Vietnam and Iraq: A Twice-Told Tale; Again, We Did Know BetterRon Glasser
Posted July 23, 2007 | 02:40 PM (EST)
"Robert McNamara (secretary of defense) reflecting on the decisions of the spring and early summer of 1965 (decisions that sent us into war in Vietnam) recalled that "we were sinking into quicksand." It was, however, a quicksand of his and the president's making -- a quicksand of lies."
Page 243, Dereliction of Duty, by H.R. McMaster, Harper CollinsIn August last year, I was asked to speak to a freshman class at UCLA about our war in Iraq and Afghanistan. The talk, based on a book I had written titled Wounded: Vietnam to Iraq, was to describe the national and personal costs of both wars, but specifically the astonishing numbers of severely wounded soldiers in Iraq and Afghanistan who would have simply died in the jungles of Vietnam. Some 400 students, all science majors, pre-med or pre-law, the freshman elite of UCLA, filed into Schoenberg Hall for what had been listed as a mandatory 10 o'clock lecture.
The students didn't even begin to listen. I might as well have been talking about the First World War or the Battle of the Bulge. They sat there -- listening to iPods, reading the newspaper, talking on cell phones, text messaging someone or simply leaning back in their seats and looking at the clock on the wall, finishing their midmorning lattes -- as I explained about the 17- and 18-year-old medics in Vietnam carrying M&Ms to give to soldiers too severely wounded even for morphine, whispering that the candies were for the pain while they waited for the choppers. They were equally uninterested that U.S. casualties evacuated from Iraq and the war in Afghanistan required amputations in numbers not seen since the Civil War, and that after three years of war there was no answer to increasing numbers of devastating and irreversible brain injuries resulting from the shock waves of exploding roadside bombs.
Ten minutes into the talk, even those who had feigned interest had given up, sinking the whole of the auditorium into a stupor of self-absorbed indifference. Yet the week I gave my talk, the numbers of U.S. troops killed in Iraq and Afghanistan had passed 2,500 and the number of wounded had pushed past some 40,000.

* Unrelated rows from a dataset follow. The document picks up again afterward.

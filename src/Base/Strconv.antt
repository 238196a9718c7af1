-- ===== src/Base/Strconv.antt =====
-- `strconv.Atoi` on a machine whose `int` has 64 bits.
use Prim.Native.Nat.{ℕ, ◌+◌, ◌-◌, ◌*◌, ◌^◌}
use Prim.Native.String.{String}
use mathlib.Core.Bool.{Bool, true, false, ◌&&◌}
use mathlib.Core.List.{[], ◌∷◌}
use digital_ocean_assignment.Base.Tests.{ltb, leb, ◌=ᵇ◌, if◌then◌else◌}
use digital_ocean_assignment.Base.Int.{ℤ, pos, negsuc, sub_ℕ, word}
use digital_ocean_assignment.Base.Utf8.{Bytes, bytes}

abbrev pub is_digit : ℕ → Bool
is_digit b = leb b'0' b && leb b b'9'

-- A number that fits 64 bits, or the error that is met first.
pub data Parsed : Type 0 where
  number : ℕ → Parsed
  bad_syntax out_of_range : Parsed

-- The loop of ParseUint over the digits, behind those already read.
unfoldable pub parse_digits : ℕ → Bytes → Parsed
parse_digits acc [] = number acc
parse_digits acc (b ∷ bs) =
    let next = acc * 10 + (b - b'0') in
    let rest = parse_digits next bs in
    if is_digit b then if ltb next word then rest else out_of_range else bad_syntax

abbrev pub parse_uint : Bytes → Parsed
parse_uint [] = bad_syntax
parse_uint (b ∷ bs) = parse_digits 0 (b ∷ bs)

-- The value that is returned, and whether the error is nil: a number out of range is returned as
-- the nearest one in range.
abbrev pub positive_int : Parsed → ℤ × Bool
positive_int (number n) = if ltb n (2 ^ 63) then (pos n, true) else (pos (2 ^ 63 - 1), false)
positive_int bad_syntax = (pos 0, false)
positive_int out_of_range = (pos (2 ^ 63 - 1), false)

abbrev pub negative_int : Parsed → ℤ × Bool
negative_int (number n) = if leb n (2 ^ 63) then (sub_ℕ 0 n, true) else (negsuc (2 ^ 63 - 1), false)
negative_int bad_syntax = (pos 0, false)
negative_int out_of_range = (negsuc (2 ^ 63 - 1), false)

abbrev pub parse_int : Bytes → ℤ × Bool
parse_int [] = (pos 0, false)
parse_int (b ∷ bs) =
    if b =ᵇ b'-'
    then negative_int (parse_uint bs)
    else if b =ᵇ b'+'
    then positive_int (parse_uint bs)
    else positive_int (parse_uint (b ∷ bs))

unfoldable pub atoi : String → ℤ × Bool
unfolding parse_digits
atoi s = parse_int (bytes s)
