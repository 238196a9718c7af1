-- ===== src/Base/Utf8/Reading.antt =====
-- How UTF-8 is read.
use Prim.Native.Nat.{ℕ, ◌+◌, ◌-◌, ◌*◌}
use Prim.Native.Char.{Char, code}
use Prim.Native.String.{String}
use mathlib.Core.Path.{◌≡◌, refl, sym, ap, ◌∙◌}
use mathlib.Core.List.{[], ◌∷◌, ◌++◌}
use native.Mathlib.Omega.{arith}
use text.Mathlib.TextEquality.{Char-path}
use digital_ocean_assignment.Base.Tests.{ltb, if◌then◌else◌}
use digital_ocean_assignment.Base.Utf8.{Bytes, encode_rune, bytes}

abbrev read_2 : ℕ → Bytes → ℕ × Bytes
read_2 b (x ∷ rest) = ((b - 0xc0) * 0x40 + (x - 0x80), rest)
read_2 b _ = (0, [])

abbrev read_3 : ℕ → Bytes → ℕ × Bytes
read_3 b (x ∷ y ∷ rest) = ((b - 0xe0) * 0x1000 + (x - 0x80) * 0x40 + (y - 0x80), rest)
read_3 b _ = (0, [])

abbrev read_4 : ℕ → Bytes → ℕ × Bytes
read_4 b (x ∷ y ∷ z ∷ rest) =
    ((b - 0xf0) * 0x40000 + (x - 0x80) * 0x1000 + (y - 0x80) * 0x40 + (z - 0x80), rest)
read_4 b _ = (0, [])

-- The code point in front and the bytes behind it, by the size that its first byte tells.
unfoldable pub read_rune : Bytes → ℕ × Bytes
read_rune [] = (0, [])
read_rune (b ∷ rest) =
    if ltb b 0x80
    then (b, rest)
    else if ltb b 0xe0
    then read_2 b rest
    else if ltb b 0xf0
    then read_3 b rest
    else read_4 b rest

pub read_rune-encode_rune : (c : ℕ) (rest : Bytes) → read_rune (encode_rune c ++ rest) ≡ (c, rest)
unfolding read_rune
read_rune-encode_rune c rest = ground arith

read_rune-bytes : (c : Char) (s : String) → read_rune (bytes (String.◌∷◌ c s)) ≡ (code c, bytes s)
unfolding bytes
read_rune-bytes c s = read_rune-encode_rune (code c) (bytes s)

never_empty : (c : Char) (s : String) (P : Type 0) → [] ≡ bytes (String.◌∷◌ c s) → P
unfolding bytes
never_empty c s P e = ground (arith, e)

pub bytes_injective : (s t : String) → bytes s ≡ bytes t → s ≡ t
unfolding bytes
bytes_injective String.[] String.[] e = refl
bytes_injective String.[] (String.◌∷◌ d t) e = never_empty d t _ e
bytes_injective (String.◌∷◌ c s) String.[] e = never_empty c s _ (sym e)
bytes_injective (String.◌∷◌ c s) (String.◌∷◌ d t) e =
    let read = sym (read_rune-bytes c s) ∙ ap read_rune e ∙ read_rune-bytes d t in
    cc (Char-path c d (ap (λ p. p.0) read), bytes_injective s t (ap (λ p. p.1) read))
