-- ===== src/Db.antt =====
-- The database: db/store.go over the schema of migrations/.
pub mod Rows
pub mod Session
pub mod Sql
pub mod Users
pub mod Valid
pub mod Jobs
pub mod Outbox
pub mod Keys
pub mod Idempotency
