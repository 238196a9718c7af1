-- ===== src/Json.antt =====
-- What the program uses of encoding/json to write: strings, integers and objects whose members
-- are given in the order in which they are written. `Marshal` escapes for HTML and writes the
-- keys of a map in order.
pub mod Strings
pub mod Integers
pub mod Members
pub mod Atoi
use digital_ocean_assignment.Base.{
  Bool, true, false, ℕ, zero, suc, ◌+◌, ◌-◌, ◌/◌, ◌%◌, String, List, [], ◌∷◌, ◌++◌, ltb, ◌=ᵇ◌,
  if◌then◌else◌, ◌||◌,
}
use digital_ocean_assignment.Base.Int.{ℤ, pos, negsuc}
use digital_ocean_assignment.Base.Utf8.{Bytes, encode_rune}
use Prim.Native.Char.{code}

abbrev hex_digit : ℕ → ℕ
hex_digit d = if ltb d 10 then b'0' + d else b'a' + d - 10

-- `\u00XX`.
abbrev unicode_escape : ℕ → Bytes
unicode_escape c =
    b'\\'
    ∷ b'u'
    ∷ hex_digit (c / 4096 % 16)
    ∷ hex_digit (c / 256 % 16)
    ∷ hex_digit (c / 16 % 16)
    ∷ hex_digit (c % 16)
    ∷ []

-- One code point inside a string.
quote_rune : ℕ → Bytes
quote_rune c =
    if c =ᵇ b'"' || c =ᵇ b'\\'
    then b'\\' ∷ c ∷ []
    else if c =ᵇ 8
    then b'\\' ∷ b'b' ∷ []
    else if c =ᵇ 12
    then b'\\' ∷ b'f' ∷ []
    else if c =ᵇ 10
    then b'\\' ∷ b'n' ∷ []
    else if c =ᵇ 13
    then b'\\' ∷ b'r' ∷ []
    else if c =ᵇ 9
    then b'\\' ∷ b't' ∷ []
    else if ltb c 0x20 || c =ᵇ b'<' || c =ᵇ b'>' || c =ᵇ b'&' || c =ᵇ 0x2028 || c =ᵇ 0x2029
    then unicode_escape c
    else encode_rune c

quote_runes : String → Bytes
unfolding quote_rune
quote_runes String.[] = b'"' ∷ []
quote_runes (String.◌∷◌ c s) = quote_rune (code c) ++ quote_runes s

unfoldable pub marshal_string : String → Bytes
unfolding quote_runes
marshal_string s = b'"' ∷ quote_runes s

-- The decimal digits of a number in front of `rest`; the first argument is fuel, and a number has
-- no more digits than its value plus one.
digits : ℕ → ℕ → Bytes → Bytes
digits zero n rest = rest
digits (suc fuel) n rest =
    let last = (b'0' + n % 10) ∷ rest in
    let more = digits fuel (n / 10) last in if ltb n 10 then last else more

unfoldable pub marshal_int : ℤ → Bytes
unfolding digits
marshal_int (pos n) = digits (suc n) n []
marshal_int (negsuc n) = b'-' ∷ digits (suc (suc n)) (suc n) []

-- A member's key and the encoding of its value.
abbrev pub Member : Type 0
Member = String × Bytes

unfoldable pub marshal_members : List Member → Bytes
unfolding marshal_string
marshal_members [] = b'}' ∷ []
marshal_members ((k, v) ∷ []) = marshal_string k ++ b':' ∷ (v ++ b'}' ∷ [])
marshal_members ((k, v) ∷ more) = marshal_string k ++ b':' ∷ (v ++ b',' ∷ marshal_members more)

unfoldable pub marshal_object : List Member → Bytes
unfolding marshal_members
marshal_object ms = b'{' ∷ marshal_members ms
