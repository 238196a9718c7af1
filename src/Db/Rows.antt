-- ===== src/Db/Rows.antt =====
-- The rows of the four tables, as the structs of db/store.go hold them, and the tables together
-- (migrations/). A `time.Time` is a number of nanoseconds.
use digital_ocean_assignment.Base.{ℕ, String, Bool, Option, List, []}
use digital_ocean_assignment.Base.Int.{ℤ}
use digital_ocean_assignment.Base.Utf8.{Bytes}

pub record StoreUser : Type 0 where
  pub id : String
  pub email : String
  pub username : String
  pub password_hash : String
  pub created_at : ℕ
  pub updated_at : ℕ

-- `payload` and `result` are `jsonb`, so a row holds the server's own spelling of the value; a
-- NULL is `none`.
pub record StoreJob : Type 0 where
  pub id : String
  pub user_id : String
  pub type : String
  pub name : String
  pub webhook_url : String
  pub payload : Bytes
  pub version : ℤ
  pub max_retries : ℤ
  pub timeout_seconds : ℤ
  pub state : String
  pub attempts : ℤ
  pub scheduled_at : ℕ
  pub last_error : Option Bytes
  pub result : Option Bytes
  pub created_at : ℕ
  pub updated_at : ℕ

pub record StoreIdempotencyKey : Type 0 where
  pub id : String
  pub user_id : String
  pub request_hash : String
  pub job_id : Option String
  pub method : String
  pub path : String
  pub status_code : Option ℤ
  pub created_at : ℕ
  pub expires_at : ℕ

-- With the column `published_at`, which the struct leaves out.
pub record StoreOutboxEvent : Type 0 where
  pub id : String
  pub aggregate_type : String
  pub aggregate_id : String
  pub event_type : String
  pub payload : Bytes
  pub published : Bool
  pub published_at : Option ℕ
  pub created_at : ℕ
  pub updated_at : ℕ

pub record StoreCreateJobParams : Type 0 where
  pub user_id : String
  pub type : String
  pub name : String
  pub webhook_url : String
  pub payload : Bytes
  pub max_retries : ℤ
  pub timeout_seconds : ℤ
  pub version : ℤ

pub record StoreCreateOutboxEventParams : Type 0 where
  pub aggregate_type : String
  pub aggregate_id : String
  pub event_type : String
  pub payload : Bytes
  pub published : Bool

-- The newest row of a table stands first.
pub record Database : Type 0 where
  pub users : List StoreUser
  pub jobs : List StoreJob
  pub idempotency_keys : List StoreIdempotencyKey
  pub outbox : List StoreOutboxEvent

abbrev pub empty_database : Database
empty_database = record { users = []; jobs = []; idempotency_keys = []; outbox = [] }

I mentioned that early in the war the administration had used the relatively small number of deaths not only as an example of our troops' success, but also as an indication of the lack of risk they faced. But the death toll in this war was never the true indication of the severity of the fighting, nor of the risks involved. Unlike Vietnam, where the number of casualties to deaths was 2.4-to-1, in this war the ratio is 16-to-1. Because of better body armor and improvements in battlefield medicine, soldiers survive today who would have been dead in Vietnam. It is not the graveyard that is legacy of this war, but the neurosurgical unit and the orthopedic ward.
It was more then amnesia that had sent these 400 students into their reveries. It was a complete lack of communal or personal interest in those our government had sent, in their name, to run the most dangerous roads in the world. No one cared.
~snip~
For those of us who were part of Vietnam, the confusion, the growing exhaustion of the troops, the suffering, shifting about of priorities and objectives, the pronouncements of success that ignored the reality on the ground, the increasing numbers of casualties had begun to merge the jungles of Vietnam with the deserts of Iraq and the mountains of Afghanistan.